WORK ITEM:
For each line of the data below that contains "RpcMessage", return that line.

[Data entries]
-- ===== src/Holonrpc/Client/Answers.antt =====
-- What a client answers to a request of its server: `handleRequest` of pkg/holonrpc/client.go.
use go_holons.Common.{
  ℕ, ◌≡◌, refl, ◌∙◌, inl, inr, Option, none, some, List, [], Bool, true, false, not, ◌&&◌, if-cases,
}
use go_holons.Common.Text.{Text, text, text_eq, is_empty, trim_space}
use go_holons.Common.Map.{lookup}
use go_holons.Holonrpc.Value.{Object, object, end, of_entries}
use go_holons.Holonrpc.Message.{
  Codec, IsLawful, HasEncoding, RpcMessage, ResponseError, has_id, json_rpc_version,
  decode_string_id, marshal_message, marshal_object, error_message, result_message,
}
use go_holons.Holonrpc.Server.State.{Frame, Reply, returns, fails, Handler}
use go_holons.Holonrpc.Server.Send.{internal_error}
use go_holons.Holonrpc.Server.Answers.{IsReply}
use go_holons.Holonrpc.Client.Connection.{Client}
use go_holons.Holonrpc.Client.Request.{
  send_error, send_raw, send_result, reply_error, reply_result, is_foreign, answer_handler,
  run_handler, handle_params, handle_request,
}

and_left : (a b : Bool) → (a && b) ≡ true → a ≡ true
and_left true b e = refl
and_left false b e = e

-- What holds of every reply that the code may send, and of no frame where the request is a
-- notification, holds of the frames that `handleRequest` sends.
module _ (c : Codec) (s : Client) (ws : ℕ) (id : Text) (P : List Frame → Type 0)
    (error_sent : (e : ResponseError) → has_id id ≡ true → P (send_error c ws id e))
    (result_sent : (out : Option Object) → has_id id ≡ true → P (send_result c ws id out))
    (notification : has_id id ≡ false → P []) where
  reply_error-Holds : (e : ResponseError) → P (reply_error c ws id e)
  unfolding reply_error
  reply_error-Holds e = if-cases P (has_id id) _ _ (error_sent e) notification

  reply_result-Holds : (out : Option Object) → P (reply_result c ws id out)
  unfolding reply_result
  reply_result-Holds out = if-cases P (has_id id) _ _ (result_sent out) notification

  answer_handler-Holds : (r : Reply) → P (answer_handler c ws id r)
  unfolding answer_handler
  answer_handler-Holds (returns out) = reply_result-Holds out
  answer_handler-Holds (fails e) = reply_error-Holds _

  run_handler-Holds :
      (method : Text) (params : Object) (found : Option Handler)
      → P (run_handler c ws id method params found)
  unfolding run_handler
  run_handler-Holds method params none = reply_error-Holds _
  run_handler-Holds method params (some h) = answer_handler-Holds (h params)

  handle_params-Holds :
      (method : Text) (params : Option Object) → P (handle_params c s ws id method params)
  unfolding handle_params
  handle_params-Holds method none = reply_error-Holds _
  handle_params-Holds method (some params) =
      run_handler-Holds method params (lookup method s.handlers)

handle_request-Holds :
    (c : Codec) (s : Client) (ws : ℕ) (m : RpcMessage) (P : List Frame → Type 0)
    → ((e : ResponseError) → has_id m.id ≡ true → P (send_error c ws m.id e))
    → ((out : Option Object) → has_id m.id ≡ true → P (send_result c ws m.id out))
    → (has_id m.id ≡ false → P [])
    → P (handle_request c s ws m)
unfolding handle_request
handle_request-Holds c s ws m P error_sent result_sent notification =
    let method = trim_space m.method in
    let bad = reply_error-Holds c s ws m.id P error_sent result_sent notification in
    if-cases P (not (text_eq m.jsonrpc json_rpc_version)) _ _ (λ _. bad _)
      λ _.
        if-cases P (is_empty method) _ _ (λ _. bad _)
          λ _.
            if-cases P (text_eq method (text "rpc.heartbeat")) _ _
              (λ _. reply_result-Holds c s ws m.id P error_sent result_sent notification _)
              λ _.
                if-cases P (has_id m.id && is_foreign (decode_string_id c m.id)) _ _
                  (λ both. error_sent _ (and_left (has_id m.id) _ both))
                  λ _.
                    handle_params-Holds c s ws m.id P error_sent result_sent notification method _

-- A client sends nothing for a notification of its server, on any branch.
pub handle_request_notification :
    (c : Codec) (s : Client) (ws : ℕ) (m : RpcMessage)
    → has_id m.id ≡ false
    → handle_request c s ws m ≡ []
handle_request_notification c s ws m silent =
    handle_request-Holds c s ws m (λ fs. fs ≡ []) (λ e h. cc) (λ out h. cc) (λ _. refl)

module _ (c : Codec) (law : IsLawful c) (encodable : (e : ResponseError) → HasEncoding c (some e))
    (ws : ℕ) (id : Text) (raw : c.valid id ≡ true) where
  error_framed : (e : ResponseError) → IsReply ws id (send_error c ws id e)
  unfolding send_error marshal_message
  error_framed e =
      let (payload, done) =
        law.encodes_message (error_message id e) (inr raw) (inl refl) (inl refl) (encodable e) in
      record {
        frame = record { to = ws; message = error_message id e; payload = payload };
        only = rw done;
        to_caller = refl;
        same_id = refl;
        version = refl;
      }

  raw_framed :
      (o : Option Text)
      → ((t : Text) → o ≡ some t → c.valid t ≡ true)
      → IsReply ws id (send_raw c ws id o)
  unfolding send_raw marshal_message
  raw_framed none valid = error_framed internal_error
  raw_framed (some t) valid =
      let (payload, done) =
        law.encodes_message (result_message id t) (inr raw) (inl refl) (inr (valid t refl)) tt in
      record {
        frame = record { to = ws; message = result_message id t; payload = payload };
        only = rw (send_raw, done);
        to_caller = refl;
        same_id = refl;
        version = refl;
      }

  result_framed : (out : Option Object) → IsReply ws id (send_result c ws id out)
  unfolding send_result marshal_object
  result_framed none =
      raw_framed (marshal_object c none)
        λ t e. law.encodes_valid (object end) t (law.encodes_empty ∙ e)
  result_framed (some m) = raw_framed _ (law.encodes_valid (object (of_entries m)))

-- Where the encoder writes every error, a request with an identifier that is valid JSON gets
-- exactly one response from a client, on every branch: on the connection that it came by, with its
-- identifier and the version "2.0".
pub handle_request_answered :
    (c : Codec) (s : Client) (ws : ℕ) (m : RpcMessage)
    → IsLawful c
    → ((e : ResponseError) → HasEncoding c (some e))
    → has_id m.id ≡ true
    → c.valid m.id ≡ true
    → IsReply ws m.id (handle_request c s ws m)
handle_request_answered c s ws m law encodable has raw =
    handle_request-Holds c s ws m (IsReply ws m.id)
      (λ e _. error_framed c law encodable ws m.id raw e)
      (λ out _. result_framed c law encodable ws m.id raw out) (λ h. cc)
--
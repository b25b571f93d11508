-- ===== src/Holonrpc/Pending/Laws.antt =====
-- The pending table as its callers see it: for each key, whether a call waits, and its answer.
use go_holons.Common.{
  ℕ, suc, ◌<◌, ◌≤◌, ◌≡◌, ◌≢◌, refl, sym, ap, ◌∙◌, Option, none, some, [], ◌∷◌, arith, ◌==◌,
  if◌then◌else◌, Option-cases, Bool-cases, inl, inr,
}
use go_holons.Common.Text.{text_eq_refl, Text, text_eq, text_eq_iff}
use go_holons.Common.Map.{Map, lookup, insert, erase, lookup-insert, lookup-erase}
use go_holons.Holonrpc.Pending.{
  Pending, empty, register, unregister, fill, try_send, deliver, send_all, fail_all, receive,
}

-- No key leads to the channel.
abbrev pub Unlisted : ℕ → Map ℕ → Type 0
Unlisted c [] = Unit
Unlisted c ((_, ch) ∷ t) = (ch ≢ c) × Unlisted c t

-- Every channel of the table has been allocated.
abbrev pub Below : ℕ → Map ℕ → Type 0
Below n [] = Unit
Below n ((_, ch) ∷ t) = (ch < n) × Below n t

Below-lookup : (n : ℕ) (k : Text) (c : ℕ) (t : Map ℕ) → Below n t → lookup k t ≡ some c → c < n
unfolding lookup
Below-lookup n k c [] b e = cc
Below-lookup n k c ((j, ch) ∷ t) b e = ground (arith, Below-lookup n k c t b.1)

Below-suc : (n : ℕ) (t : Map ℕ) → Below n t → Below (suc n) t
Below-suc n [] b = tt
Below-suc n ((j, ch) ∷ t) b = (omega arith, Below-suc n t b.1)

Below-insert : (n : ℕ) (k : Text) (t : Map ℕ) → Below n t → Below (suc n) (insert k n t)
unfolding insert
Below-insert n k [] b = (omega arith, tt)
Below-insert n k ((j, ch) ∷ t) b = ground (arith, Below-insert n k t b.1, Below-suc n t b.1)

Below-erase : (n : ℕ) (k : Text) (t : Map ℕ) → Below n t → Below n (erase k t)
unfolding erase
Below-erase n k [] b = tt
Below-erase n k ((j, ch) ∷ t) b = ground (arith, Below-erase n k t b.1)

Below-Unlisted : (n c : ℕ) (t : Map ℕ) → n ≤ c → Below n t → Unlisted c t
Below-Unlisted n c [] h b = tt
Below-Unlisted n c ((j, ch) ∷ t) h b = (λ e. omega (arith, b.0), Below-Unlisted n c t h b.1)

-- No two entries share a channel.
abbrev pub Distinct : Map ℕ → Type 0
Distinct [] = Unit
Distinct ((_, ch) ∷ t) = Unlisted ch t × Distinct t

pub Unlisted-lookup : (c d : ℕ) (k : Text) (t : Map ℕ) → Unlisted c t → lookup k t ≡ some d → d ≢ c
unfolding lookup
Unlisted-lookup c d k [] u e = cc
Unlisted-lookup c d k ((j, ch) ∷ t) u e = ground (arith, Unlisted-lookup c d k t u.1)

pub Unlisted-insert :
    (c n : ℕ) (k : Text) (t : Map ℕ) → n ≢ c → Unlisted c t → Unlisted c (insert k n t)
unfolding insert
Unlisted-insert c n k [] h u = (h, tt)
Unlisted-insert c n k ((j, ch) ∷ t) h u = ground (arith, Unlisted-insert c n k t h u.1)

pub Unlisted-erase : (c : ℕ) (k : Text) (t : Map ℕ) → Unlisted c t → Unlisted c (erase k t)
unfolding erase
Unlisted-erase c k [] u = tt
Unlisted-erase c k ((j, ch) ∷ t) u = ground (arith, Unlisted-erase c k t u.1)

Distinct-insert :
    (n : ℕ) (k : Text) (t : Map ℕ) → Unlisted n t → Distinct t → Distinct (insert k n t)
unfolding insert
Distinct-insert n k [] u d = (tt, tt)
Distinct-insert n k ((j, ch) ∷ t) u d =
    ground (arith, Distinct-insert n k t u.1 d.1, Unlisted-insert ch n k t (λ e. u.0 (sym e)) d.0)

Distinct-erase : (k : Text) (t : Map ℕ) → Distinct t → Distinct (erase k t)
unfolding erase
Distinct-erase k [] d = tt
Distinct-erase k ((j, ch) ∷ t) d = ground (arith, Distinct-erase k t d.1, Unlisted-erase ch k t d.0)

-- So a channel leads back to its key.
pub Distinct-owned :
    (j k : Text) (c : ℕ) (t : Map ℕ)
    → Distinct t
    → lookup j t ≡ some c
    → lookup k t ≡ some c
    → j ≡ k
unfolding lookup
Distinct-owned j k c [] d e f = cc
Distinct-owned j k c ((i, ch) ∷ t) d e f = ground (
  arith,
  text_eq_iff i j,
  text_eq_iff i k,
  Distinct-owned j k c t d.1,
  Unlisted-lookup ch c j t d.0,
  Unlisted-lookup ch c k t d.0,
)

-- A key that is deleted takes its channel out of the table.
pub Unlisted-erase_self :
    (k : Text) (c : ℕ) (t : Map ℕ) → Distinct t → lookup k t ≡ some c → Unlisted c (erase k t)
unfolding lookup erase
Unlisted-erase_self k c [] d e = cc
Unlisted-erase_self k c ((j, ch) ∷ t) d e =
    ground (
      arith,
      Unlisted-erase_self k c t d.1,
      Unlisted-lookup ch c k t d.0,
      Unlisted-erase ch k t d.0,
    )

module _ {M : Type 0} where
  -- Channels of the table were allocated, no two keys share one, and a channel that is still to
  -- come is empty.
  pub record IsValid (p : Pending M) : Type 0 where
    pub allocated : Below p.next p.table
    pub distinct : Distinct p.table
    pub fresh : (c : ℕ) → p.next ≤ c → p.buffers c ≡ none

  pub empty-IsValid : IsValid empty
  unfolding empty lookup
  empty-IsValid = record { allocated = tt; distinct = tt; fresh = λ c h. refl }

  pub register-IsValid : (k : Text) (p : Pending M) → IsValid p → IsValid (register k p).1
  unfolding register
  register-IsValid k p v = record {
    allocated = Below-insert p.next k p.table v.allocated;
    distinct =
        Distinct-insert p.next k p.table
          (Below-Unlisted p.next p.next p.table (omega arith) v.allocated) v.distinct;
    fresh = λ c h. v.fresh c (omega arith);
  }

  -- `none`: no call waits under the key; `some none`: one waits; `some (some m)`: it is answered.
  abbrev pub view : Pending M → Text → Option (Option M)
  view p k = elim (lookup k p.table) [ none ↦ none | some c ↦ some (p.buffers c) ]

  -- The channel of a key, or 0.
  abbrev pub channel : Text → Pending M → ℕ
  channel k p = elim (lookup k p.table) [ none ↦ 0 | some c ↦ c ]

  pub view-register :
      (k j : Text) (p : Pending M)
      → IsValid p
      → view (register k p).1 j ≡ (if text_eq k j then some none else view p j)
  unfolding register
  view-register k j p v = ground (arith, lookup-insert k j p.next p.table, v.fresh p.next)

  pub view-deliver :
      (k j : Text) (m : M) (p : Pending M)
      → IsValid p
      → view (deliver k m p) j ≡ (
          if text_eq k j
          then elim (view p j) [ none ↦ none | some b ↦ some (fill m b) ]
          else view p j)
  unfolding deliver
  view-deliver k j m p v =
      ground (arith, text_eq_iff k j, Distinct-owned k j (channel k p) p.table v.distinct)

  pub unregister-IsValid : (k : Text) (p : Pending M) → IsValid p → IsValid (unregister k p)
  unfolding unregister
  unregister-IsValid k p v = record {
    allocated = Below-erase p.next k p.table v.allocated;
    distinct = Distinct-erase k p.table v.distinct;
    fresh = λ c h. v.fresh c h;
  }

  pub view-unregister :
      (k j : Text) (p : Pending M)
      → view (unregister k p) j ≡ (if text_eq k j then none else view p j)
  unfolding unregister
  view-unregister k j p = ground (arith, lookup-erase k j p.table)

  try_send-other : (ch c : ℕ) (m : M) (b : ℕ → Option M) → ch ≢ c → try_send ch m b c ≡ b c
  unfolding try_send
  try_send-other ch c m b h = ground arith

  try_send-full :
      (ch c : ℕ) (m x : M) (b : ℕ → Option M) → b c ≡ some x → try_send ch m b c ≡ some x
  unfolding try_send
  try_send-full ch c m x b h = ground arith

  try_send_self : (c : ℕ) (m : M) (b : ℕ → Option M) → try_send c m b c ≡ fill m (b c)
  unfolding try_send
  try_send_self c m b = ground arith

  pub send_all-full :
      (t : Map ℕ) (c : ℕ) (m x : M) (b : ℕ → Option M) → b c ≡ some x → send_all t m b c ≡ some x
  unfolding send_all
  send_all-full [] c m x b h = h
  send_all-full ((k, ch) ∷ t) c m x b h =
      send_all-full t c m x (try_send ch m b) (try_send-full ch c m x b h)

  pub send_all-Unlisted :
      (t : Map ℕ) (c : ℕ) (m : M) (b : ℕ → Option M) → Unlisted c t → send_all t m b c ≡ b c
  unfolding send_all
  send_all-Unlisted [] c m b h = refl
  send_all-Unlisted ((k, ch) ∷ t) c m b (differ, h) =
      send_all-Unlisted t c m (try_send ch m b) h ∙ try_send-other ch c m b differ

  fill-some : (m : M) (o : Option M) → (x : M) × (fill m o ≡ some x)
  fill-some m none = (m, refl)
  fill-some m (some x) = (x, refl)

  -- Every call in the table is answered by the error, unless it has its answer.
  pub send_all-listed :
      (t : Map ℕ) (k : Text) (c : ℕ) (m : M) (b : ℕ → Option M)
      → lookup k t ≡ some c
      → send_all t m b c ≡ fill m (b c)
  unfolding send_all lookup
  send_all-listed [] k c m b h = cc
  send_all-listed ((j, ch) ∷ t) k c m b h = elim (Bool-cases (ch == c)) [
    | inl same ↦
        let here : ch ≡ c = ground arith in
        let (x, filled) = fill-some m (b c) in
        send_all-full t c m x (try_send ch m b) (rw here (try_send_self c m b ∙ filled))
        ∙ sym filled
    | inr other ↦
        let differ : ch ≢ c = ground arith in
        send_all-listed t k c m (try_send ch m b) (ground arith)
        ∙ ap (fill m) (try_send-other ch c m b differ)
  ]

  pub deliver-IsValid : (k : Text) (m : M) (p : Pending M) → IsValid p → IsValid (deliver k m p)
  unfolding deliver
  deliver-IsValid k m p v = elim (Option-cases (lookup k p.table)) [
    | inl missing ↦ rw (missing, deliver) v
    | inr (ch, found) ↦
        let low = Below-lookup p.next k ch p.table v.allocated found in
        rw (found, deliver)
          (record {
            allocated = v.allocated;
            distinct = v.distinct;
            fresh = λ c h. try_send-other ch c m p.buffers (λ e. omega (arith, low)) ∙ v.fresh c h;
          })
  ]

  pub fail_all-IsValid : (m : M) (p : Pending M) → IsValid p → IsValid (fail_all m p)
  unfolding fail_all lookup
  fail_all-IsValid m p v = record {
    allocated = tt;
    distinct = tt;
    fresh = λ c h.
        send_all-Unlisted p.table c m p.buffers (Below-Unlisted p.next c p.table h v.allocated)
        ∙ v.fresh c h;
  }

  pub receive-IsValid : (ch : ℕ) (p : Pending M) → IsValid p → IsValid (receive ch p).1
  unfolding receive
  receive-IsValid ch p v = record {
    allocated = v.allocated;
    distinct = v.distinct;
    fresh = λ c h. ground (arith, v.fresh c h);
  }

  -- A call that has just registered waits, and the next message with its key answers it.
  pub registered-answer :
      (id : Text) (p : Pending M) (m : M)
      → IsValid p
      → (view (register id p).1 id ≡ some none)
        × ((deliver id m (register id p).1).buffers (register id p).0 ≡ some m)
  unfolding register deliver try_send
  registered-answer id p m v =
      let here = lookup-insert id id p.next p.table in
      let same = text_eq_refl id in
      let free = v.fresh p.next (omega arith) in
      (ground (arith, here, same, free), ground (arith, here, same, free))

RESULT:
  Codec, IsLawful, HasEncoding, RpcMessage, ResponseError, has_id, json_rpc_version,
    (c : Codec) (s : Client) (ws : ℕ) (m : RpcMessage) (P : List Frame → Type 0)
    (c : Codec) (s : Client) (ws : ℕ) (m : RpcMessage)
    (c : Codec) (s : Client) (ws : ℕ) (m : RpcMessage)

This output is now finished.